After Mora concluded his visit to Tehran, the current EU foreign policy chief, Josep Borrell, said the sides have agreed to resume the talks in Vienna. Borrell said the talks in Tehran had “gone better than expected”. The EU chief diplomat added the “stalled” talks had been “reopened”.
Bildt and Solana said Iran is “expanding nuclear program” and argued “unless we can get the 2015 nuclear deal back on track, we are headed to a new conflict with Tehran.”
The two former officials also expressed dismay over an approval by the Senate that links a revitalization of the Joint Comprehensive Plan of Action to issues not related to the original agreement. “Earlier this month, the U.S. Senate, including members of Biden’s Democratic Party, passed a measure asking that a deal with Iran should also cover non-nuclear-related issues — an almost-certain dealbreaker,” they regretted.
They also said, “Though negotiations on the essence of the deal are effectively concluded, the Europeans are trying to break a deadlock on the issue that continues to snarl the works: the U.S. designation of the Iranian Revolutionary Guard Corps as a foreign terrorist organization.
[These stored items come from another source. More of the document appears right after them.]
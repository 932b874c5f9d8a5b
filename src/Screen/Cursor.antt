-- ===== src/Screen/Cursor.antt =====
-- How printing and erasing move the cursor, and what a line break on the last row leads to.
use orca_os.Base.{ℕ, zero, suc, ◌+◌, ◌*◌, ◌≤◌, ◌<◌, ◌≡◌, ◌≢◌, refl, ap, arith, Memory}
use orca_os.Screen.{
  Screen, video, space, newline, put_cell, putc, putc_line_runover, run_over, put_clamped,
  update_cursor, backspace_to_prev, backspace_on_screen,
}

-- Echo of a character that is no newline and no carriage return, then backspace: with the cursor
-- on the screen before the last column, the cursor returns to where it was, its cell is blank, and
-- every other byte of memory is as it was before the character was typed.
pub backspace-putc_line_runover :
    (c : ℕ) (s : Screen)
    → c ≢ 10
    → c ≢ 13
    → s.x < 79
    → s.y < 25
    → let t = backspace_to_prev (putc_line_runover c s) in
      (t.x ≡ s.x) × (t.y ≡ s.y) × ((a : ℕ) → t.mem a ≡ put_cell (80 * s.y + s.x) space s.mem a)
unfolding backspace_to_prev backspace_on_screen putc_line_runover run_over put_clamped update_cursor
backspace-putc_line_runover c s n r hx hy = (ground arith, ground arith, λ a. ground arith)

-- `n` line breaks printed by `putc` alone.
pub newlines : ℕ → Screen → Screen
newlines zero s = s
newlines (suc n) s = newlines n (putc newline s)

newlines-y : (n : ℕ) (s : Screen) → (newlines n s).y ≡ s.y + n
unfolding newlines putc
newlines-y zero s = omega arith
newlines-y (suc n) s = omega (arith, newlines-y n (putc newline s))

newlines-mem : (n : ℕ) (s : Screen) → (newlines n s).mem ≡ s.mem
unfolding newlines putc
newlines-mem zero s = refl
newlines-mem (suc n) s = newlines-mem n (putc newline s)

newlines-x : (n : ℕ) (s : Screen) → s.x ≡ 0 → (newlines n s).x ≡ 0
unfolding newlines putc
newlines-x zero s h = h
newlines-x (suc n) s h = newlines-x n (putc newline s) refl

-- `putc` never scrolls: once line breaks have taken the cursor from column 0 below the last row,
-- the next character (no newline and no carriage return) is written behind the screen's 4000 bytes, at the first cell
-- of that row, and all that the screen shows stays as it was.
pub putc-newlines_past_screen :
    (c n a : ℕ) (s : Screen)
    → a < video + 4000
    → c ≢ 10
    → c ≢ 13
    → s.x ≡ 0
    → 25 ≤ s.y + n
    → let t = putc c (newlines n s) in (t.mem (video + 160 * (s.y + n)) ≡ c) × (t.mem a ≡ s.mem a)
unfolding putc
putc-newlines_past_screen c n a s p hn hr hx hy = (
  ground (arith, newlines-y n s, newlines-x n s hx),
  ground (arith, newlines-y n s, newlines-x n s hx, ap (λ (m : Memory). m a) (newlines-mem n s)),
)
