-- ===== src/Screen/Term.antt =====
-- The variants of student-distrib/lib.c that write at 0xB7000, and test_interrupts. The page of
-- 0xB7000 is mapped to the physical one of 0xB8000 (page_init of student-distrib/paging.c), which is
-- the screen, so that is where they write.
use orca_os.Base.{
  ℕ, ◌+◌, ◌-◌, ◌*◌, ◌%◌, leb, ◌==◌, ◌||◌, if◌then◌else◌, Memory, update, for_range, u8,
}
use orca_os.Screen.{
  Screen, video, num_cols, num_rows, attrib, space, newline, carriage_return, putc, shift_rows_up,
  update_cursor,
}

-- What the address 0xB7000 stands for.
abbrev pub term : ℕ
term = video

abbrev put_term : ℕ → ℕ → Memory → Memory
put_term i c m = update (update m (term + i * 2) c) (term + i * 2 + 1) attrib

abbrev scroll_term : ℕ → Memory → Memory
scroll_term i m =
    let m1 = update m (term + i * 2) (m (term + (i + num_cols) * 2)) in
    update m1 (term + i * 2 + 1) (m1 (term + (i + num_cols) * 2 + 1))

unfoldable pub shift_rows_up_term : Screen → Screen
shift_rows_up_term s =
    if leb (num_rows - 1) s.y
    then record s {
      y = num_rows - 2;
      mem =
          for_range num_cols ((num_rows - 1) * num_cols) (λ i m. put_term i space m)
            (for_range ((num_rows - 1) * num_cols) 0 scroll_term s.mem);
    }
    else s

-- The line break at the last column goes by `putc` and scrolls the screen itself.
unfoldable pub putc_line_runover_term : ℕ → Screen → Screen
putc_line_runover_term c s =
    let s1 =
      if leb (num_cols - 1) s.x
      then putc newline (if s.y == num_rows - 1 then shift_rows_up s else s)
      else s in
    let y = if leb (num_rows - 1) s1.y then num_rows - 1 else s1.y in
    if (c == newline) || (c == carriage_return)
    then (if c == newline then record s { x = 0; y = s.y + 1 } else s)
    else update_cursor (record s1 {
      mem = put_term (num_cols * y + s1.x) c s1.mem;
      x = (s1.x + 1) % num_cols;
      y = y;
    })

-- The character of each cell goes up by one.
unfoldable pub test_interrupts : Screen → Screen
test_interrupts s = record s {
  mem =
      for_range (num_rows * num_cols) 0
        (λ i m. update m (video + i * 2) (u8 (m (video + i * 2) + 1))) s.mem;
}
This designation is a largely symbolic measure with little or no relation to the dispute over the nuclear program. Washington and Tehran would be foolish to allow domestic ideological positions to sabotage a nuclear deal that managed — against heavy odds — to survive the presidency of Donald Trump.”
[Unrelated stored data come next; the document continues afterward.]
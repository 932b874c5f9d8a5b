-- ===== src/System.antt =====
-- How programs and devices enter the kernel: system_call_linkage and the wrappers of
-- student-distrib/system_callASM.S, sys_set_handler and sys_sigreturn of
-- student-distrib/system_call.c, and the interrupts of the keyboard, the clock and the timer as
-- steps on the kernel's state. cli and sti are not part of the state.
pub mod Calm
pub mod Limits
pub mod Calls
pub mod Consoles
pub mod Tasks
pub mod Programs
pub mod Turns
pub mod Endings
pub mod Waits
pub mod Linkage
pub mod Kept
pub mod Return
pub mod Start
pub mod Runs
use orca_os.Base.{
  ℕ, zero, suc, ◌-◌, ◌%◌, ◌^◌, ℤ, pos, negsuc, minus_one, pos_part, to_i32, to_u32, ltb_ℤ, leb, ◌+◌,
  ◌&&◌, Bool, if◌then◌else◌, Option, none, some, List, [], ◌∷◌, Memory,
}
use orca_os.Console.{Console}
use orca_os.Rtc.{rtc_handler}
use orca_os.Keyboard.{keyboard_handler}
use orca_os.Process.{Kernel}
use orca_os.Process.Calls.{
  Events, Outcome, ret, waits, jumps, sys_read, sys_write, sys_open, sys_close, sys_getargs,
}
use orca_os.Process.Tasks.{check_process_num, sys_halt}
use orca_os.Process.Execute.{spills, sys_execute, sys_vidmap}
use orca_os.Scheduler.{Turn, runs, returns, entered, start_first_shell}

-- What a program asks for: `eax`, and each argument as the call that takes it reads it, NULL being
-- `none`; and what surrounds the call: the devices, the stack and its pointer, the bytes behind
-- the string "shell", the words that lie from an index on at the jump table, and the fuel of
-- sys_execute.
pub record Request : Type 0 where
  pub eax : ℤ
  pub status : ℕ
  pub fd : ℤ
  pub nbytes : ℤ
  pub buf : Option Memory
  pub buf_at : ℕ
  pub args : Memory
  pub name : Option (List ℕ)
  pub command : Option Memory
  pub screen_start : ℕ
  pub events : Events
  pub stack : Memory
  pub esp : ℕ
  pub behind : Memory
  pub table_word : ℕ → ℕ
  pub fuel : ℕ

-- How a call ends: a program goes on, with its buffer and `eax`; a program starts at an address;
-- the call still waits; control is at an address that is no driver's; or it is back in
-- start_first_shell, whose return address is what system_execute has left in `edi`; or what the
-- call does is not followed, as it stores, or may store, where the state is not modelled.
pub data Ending : Type 0 where
  back : Kernel → Option Memory → ℤ → Ending
  started : Kernel → ℤ → Ending
  waiting : Ending
  jumped : ℕ → Ending
  stray : Kernel → Ending
  unfollowed : Ending

unfoldable pub sys_set_handler : Kernel → Kernel × ℤ
sys_set_handler k = (k, minus_one)

unfoldable pub sys_sigreturn : Kernel → Kernel × ℤ
sys_sigreturn k = (k, minus_one)

abbrev pub of_outcome : Outcome → Ending
of_outcome (ret k buf r) = back k buf r
of_outcome waits = waiting
of_outcome (jumps a) = jumped a

abbrev pub of_result : Kernel × ℤ → Ending
of_result (k, r) = back k none r

-- The low byte of the status is what the program that goes on gets.
unfoldable pub halted : ℕ → Outcome → Ending
halted status (ret k buf r) = back k none (pos (status % 2 ^ 8))
halted status waits = waiting
halted status (jumps a) = jumped a

abbrev pub strayed : Outcome → Ending
strayed (ret k buf r) = stray k
strayed waits = waiting
strayed (jumps a) = jumped a

-- Arguments that run over the end of the new block may overwrite anything behind it.
abbrev pub unless_spilled : Kernel → Ending → Ending
unless_spilled k e = if spills (k.pcbs k.current_pcb) then unfollowed else e

-- If the shell has not been started, sys_halt runs after all.
unfoldable pub after_shell : Events → Option Turn → Option Ending
after_shell ev none = none
after_shell ev (some (runs k r)) = some (unless_spilled k (started k r))
after_shell ev (some (returns k)) = some (unless_spilled k (strayed (sys_halt ev k)))

unfoldable pub system_halt : Request → Kernel → Option Ending
system_halt q k =
    if ltb_ℤ (pos 3) (to_i32 (check_process_num k))
    then some (halted q.status (sys_halt q.events k))
    else after_shell q.events (start_first_shell q.fuel q.behind q.stack q.esp k)

abbrev pub of_turn : Option Turn → Option Ending
of_turn none = none
of_turn (some (runs k r)) = some (unless_spilled k (started k r))
of_turn (some (returns k)) = some (unless_spilled k (back k none minus_one))

-- The entries of the jump table.
pub data Call : Type 0 where
  halt execute read write open_ close getargs vidmap set_handler sigreturn : Call

abbrev pub system_call_table : List Call
system_call_table =
    halt ∷ execute ∷ read ∷ write ∷ open_ ∷ close ∷ getargs ∷ vidmap ∷ set_handler ∷ sigreturn ∷ []

-- A buffer of `nbytes` bytes and one more, which calls store at most, that lies in the program's
-- own memory. The pointer itself is never checked.
abbrev pub is_own : ℕ → ℤ → Bool
is_own at nbytes = leb 0x8000000 at && leb (at + to_u32 nbytes + 1) 0x8400000

abbrev pub read_into : Option Memory → Request → Kernel → Ending
read_into none q k = of_outcome (sys_read q.events q.fd none q.nbytes k)
read_into (some buf) q k =
    if is_own q.buf_at q.nbytes
    then of_outcome (sys_read q.events q.fd (some buf) q.nbytes k)
    else unfollowed

unfoldable pub call : Call → Request → Kernel → Option Ending
call halt q k = system_halt q k
call execute q k = of_turn (entered q.esp (sys_execute q.fuel q.command q.stack k))
call read q k = some (read_into q.buf q k)
call write q k = some (of_outcome (sys_write q.fd q.buf q.nbytes k))
call open_ q k = some (of_result (sys_open q.events q.name k))
call close q k = some (of_outcome (sys_close q.events q.fd k))
call getargs q k =
    let (k', out, r) = sys_getargs q.args q.nbytes k in
    some (if is_own q.buf_at q.nbytes then back k' (some out) r else unfollowed)
call vidmap q k = some (of_result (sys_vidmap q.screen_start k))
call set_handler q k = some (of_result (sys_set_handler k))
call sigreturn q k = some (of_result (sys_sigreturn k))

-- `call *system_call_table(, i, 4)`: behind the table's entries, control goes to whatever word lies
-- there.
abbrev pub call_entry : Option Call → ℕ → Request → Kernel → Option Ending
call_entry none i q k = some (jumped (q.table_word i))
call_entry (some c) i q k = call c q k

abbrev pub table_entry : List Call → ℕ → Option Call
table_entry [] i = none
table_entry (c ∷ cs) zero = some c
table_entry (c ∷ cs) (suc i) = table_entry cs i

-- The guards are `eax <= 0` and `eax > 10`.
unfoldable pub system_call_linkage : Request → Kernel → Option Ending
system_call_linkage q k =
    if ltb_ℤ (pos 0) q.eax
    then (if ltb_ℤ (pos 10) q.eax
        then some (back k none minus_one)
        else (let i = pos_part q.eax - 1 in call_entry (table_entry system_call_table i) i q k))
    else some (back k none minus_one)

-- The keyboard's and the clock's interrupts.
abbrev pub press : ℕ → Kernel → Kernel
press code k = record k { console = keyboard_handler code k.console }

abbrev pub tick_clock : Kernel → Kernel
tick_clock k =
    let (s, pic) = rtc_handler k.console.on_display (k.clock, k.console.pic) in
    record k { clock = s; console = record (k.console) { pic = pic } }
“It is irrational to let nuclear deal that survived the Trump presidency to elude.”
As EU foreign policy chief Solana was leading the nuclear talks with Iran on behalf of the European trio -Germany, France, Britain – the U.S., Russia and China before he was replaced by Catherine Ashton in 2009.
Bildt and Solana defended the Europeans’ stance toward the JCPOA. They said Europe backed Barack Obama’s diplomatic overtures toward Tehran that resulted in the conclusion of the nuclear deal in July 2015. They also said they objected Trump’s unilateral pullout from the agreement in May 2018.
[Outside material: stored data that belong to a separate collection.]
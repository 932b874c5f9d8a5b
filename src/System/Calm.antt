-- ===== src/System/Calm.antt =====
-- What the calls on descriptors leave alone.
use orca_os.Base.{
  ℕ, zero, suc, ◌+◌, ◌/◌, ◌≡◌, refl, ◌∙◌, arith, ℤ, pos, negsuc, pos_part, if_cases, Option, none,
  some, List, Memory, ◌==◌, update, load32,
}
use orca_os.Files.{Dentry, read_dentry_by_index}
use orca_os.Process.{Fd, Pcb, Kernel, current_fd, set_fd}
use orca_os.Process.Drivers.{
  bad_fd, local_dentry, claim, open_found, file_open, file_close, after_read, file_read, list_entry,
  name_bytes, directory_read, directory_close,
}
use orca_os.Process.Calls.{sys_getargs}

-- The terminals, the numbers of the processes, the terminals' lists of them, the current block and the frame of
-- its program are the same.
pub record Calm (k k' : Kernel) : Type 0 where
  pub console : k'.console ≡ k.console
  pub current : k'.current_pcb ≡ k.current_pcb
  pub number : k'.process_number ≡ k.process_number
  pub recover : k'.schedule.recover_num ≡ k.schedule.recover_num
  pub frame : (k'.pages.directory 32).upper_address ≡ (k.pages.directory 32).upper_address
  pub numbers : (a : ℕ) → (k'.pcbs a).process_num ≡ (k.pcbs a).process_num
  pub slots : (a : ℕ) → (k'.pcbs a).active_processes ≡ (k.pcbs a).active_processes
  pub home : (a : ℕ) → (k'.pcbs a).parent_terminal ≡ (k.pcbs a).parent_terminal

pub Calm-refl : (k : Kernel) → Calm k k
Calm-refl k = record {
  console = refl;
  current = refl;
  number = refl;
  recover = refl;
  frame = refl;
  numbers = λ a. refl;
  slots = λ a. refl;
  home = λ a. refl;
}

pub Calm-trans : (k l m : Kernel) → Calm k l → Calm l m → Calm k m
Calm-trans k l m v w = record {
  console = w.console ∙ v.console;
  current = w.current ∙ v.current;
  number = w.number ∙ v.number;
  recover = w.recover ∙ v.recover;
  frame = w.frame ∙ v.frame;
  numbers = λ a. w.numbers a ∙ v.numbers a;
  slots = λ a. w.slots a ∙ v.slots a;
  home = λ a. w.home a ∙ v.home a;
}

-- Another block at an address, with the same numbers.
pub update-Calm :
    (a : ℕ) (p : Pcb) (k : Kernel)
    → p.process_num ≡ (k.pcbs a).process_num
    → p.active_processes ≡ (k.pcbs a).active_processes
    → p.parent_terminal ≡ (k.pcbs a).parent_terminal
    → Calm k (record k { pcbs = update k.pcbs a p })
update-Calm a p k n s h = record {
  console = refl;
  current = refl;
  number = refl;
  recover = refl;
  frame = refl;
  numbers = λ b. ground arith;
  slots = λ b. ground arith;
  home = λ b. ground arith;
}

pub set_fd-Calm : (fd : ℕ) (d : Fd) (k : Kernel) → Calm k (set_fd fd d k)
set_fd-Calm fd d k = update-Calm k.current_pcb _ k refl refl refl

claim-Calm : (inode i left : ℕ) (k : Kernel) → Calm k (claim inode i left k).0
unfolding claim
claim-Calm inode i zero k = Calm-refl k
claim-Calm inode i (suc left) k =
    if_cases (λ (r : Kernel × ℤ). Calm k r.0) ((current_fd i k).flags == 0) (λ e. set_fd-Calm i _ k)
      (λ e. claim-Calm inode (i + 1) left k)

open_found-Calm : (r : ℤ × Option Dentry) (k : Kernel) → Calm k (open_found r k).0
unfolding open_found
open_found-Calm (pos n, some d) k = claim-Calm d.inode_num 0 8 k
open_found-Calm (pos n, none) k = Calm-refl k
open_found-Calm (negsuc n, o) k = Calm-refl k

pub file_open-Calm : (name : Option (List ℕ)) (k : Kernel) → Calm k (file_open name k).0
unfolding file_open
file_open-Calm none k = Calm-refl k
file_open-Calm (some name) k = open_found-Calm _ k

pub file_close-Calm : (fd : ℤ) (k : Kernel) → Calm k (file_close fd k).0
unfolding file_close
file_close-Calm fd k =
    let d = current_fd (pos_part fd) k in
    if_cases (λ (r : Kernel × ℤ). Calm k r.0) (bad_fd fd) (λ e. Calm-refl k)
      (λ e.
        if_cases (λ (r : Kernel × ℤ). Calm k r.0) (d.flags == 1)
          (λ f. set_fd-Calm (pos_part fd) _ k) (λ f. Calm-refl k))

after_read-Calm :
    (fd : ℕ) (n : ℤ) (k : Kernel) (r : ℤ × Option Memory) → Calm k (after_read fd n k r).0
unfolding after_read
after_read-Calm fd n k (negsuc zero, out) = Calm-refl k
after_read-Calm fd n k (pos zero, out) = set_fd-Calm fd _ k
after_read-Calm fd n k (pos (suc r), out) = set_fd-Calm fd _ k
after_read-Calm fd n k (negsuc (suc r), out) = set_fd-Calm fd _ k

pub file_read-Calm :
    (fd : ℤ) (buf : Option Memory) (n : ℤ) (k : Kernel) → Calm k (file_read fd buf n k).0
unfolding file_read
file_read-Calm fd none n k = Calm-refl k
file_read-Calm fd (some buf) n k =
    if_cases (λ (r : Kernel × Option Memory × ℤ). Calm k r.0) (bad_fd fd) (λ e. Calm-refl k)
      (λ e. after_read-Calm (pos_part fd) n k _)

list_entry-Calm :
    (fd : ℕ) (n : ℤ) (buf : Memory) (k : Kernel) (r : ℤ × Option Dentry)
    → Calm k (list_entry fd n buf k r).0
unfolding list_entry
list_entry-Calm fd n buf k (pos r, some e) = set_fd-Calm fd _ k
list_entry-Calm fd n buf k (pos r, none) = Calm-refl k
list_entry-Calm fd n buf k (negsuc r, o) = Calm-refl k

pub directory_read-Calm :
    (fd : ℤ) (buf : Option Memory) (n : ℤ) (k : Kernel) → Calm k (directory_read fd buf n k).0
unfolding directory_read
directory_read-Calm fd none n k = Calm-refl k
directory_read-Calm fd (some buf) n k =
    if_cases (λ (r : Kernel × Option Memory × ℤ). Calm k r.0) (bad_fd fd) (λ e. Calm-refl k)
      (λ e.
        let i = (current_fd (pos_part fd) k).position / 32 in
        if_cases (λ (r : Kernel × Option Memory × ℤ). Calm k r.0)
          (i == load32 k.image.mem k.image.boot_block) (λ f. Calm-refl k)
          (λ f.
            list_entry-Calm (pos_part fd) (name_bytes n) buf k
              (read_dentry_by_index k.image i (some local_dentry))))

pub directory_close-Calm : (fd : ℤ) (k : Kernel) → Calm k (directory_close fd k).0
unfolding directory_close
directory_close-Calm fd k =
    if_cases (λ (r : Kernel × ℤ). Calm k r.0) (bad_fd fd) (λ e. Calm-refl k)
      (λ e. set_fd-Calm (pos_part fd) _ k)

pub sys_getargs-Calm : (buf : Memory) (n : ℤ) (k : Kernel) → Calm k (sys_getargs buf n k).0
unfolding sys_getargs
sys_getargs-Calm buf n k = update-Calm k.current_pcb _ k refl refl refl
“Europeans supported President Barack Obama’s diplomatic efforts in Iran, protested Trump’s withdrawal from the Joint Comprehensive Plan of Action, and have now again been at the forefront of diplomatic efforts to end the nuclear crisis with Iran and avoid another disastrous war in the Middle East (West Asia). So it’s puzzling that, after running on a return to the nuclear deal and promising that “America is back,” Biden has been slow-walking diplomacy that U.S. allies strongly support.”
Fearing to antagonize the opponents of the JCPOA in the runup to the midterm congressional election, the Biden administration is hesitant to delist the IRGC from the FTO list. But Bildt and Solana warn the losses of a failure to put the JCPOA on the right track are “much bigger” than angering the opponents.
“The common refrain is that he is ‘playing it safe’ on Iran ahead of the upcoming midterms. But frankly, being the president under whose watch efforts to contain Iran’s nuclear efforts succeeded would be a much bigger hit for Biden and the Democrats in advance of the 2024 elections,” they said.
Iran has been insisting that even if the nuclear deal is not revived, it has no intention to build nuclear arms. Such a principle falls within a fatwa (decree) issued by the Leader of the Islamic Revolution Ayatollah Ali Khamenei that states producing, stockpiling and using weapons of mass destructions (WMDs), including nuclear weapons, is haram (religiously banned).
The two former senior European officials concluded their article by drawing a comparison between Iran and the Soviet Union, saying, “The West did not make arms control agreements with the Soviet Union because we endorsed the country’s leadership or sought to normalize relations. We did it because it benefited our national security. The same is true with respect to Iran. Biden must seriously consider the costs of his passivity vis-a-vis Iran and find a way forward — or we may find ourselves in another conflict that no one asked for.”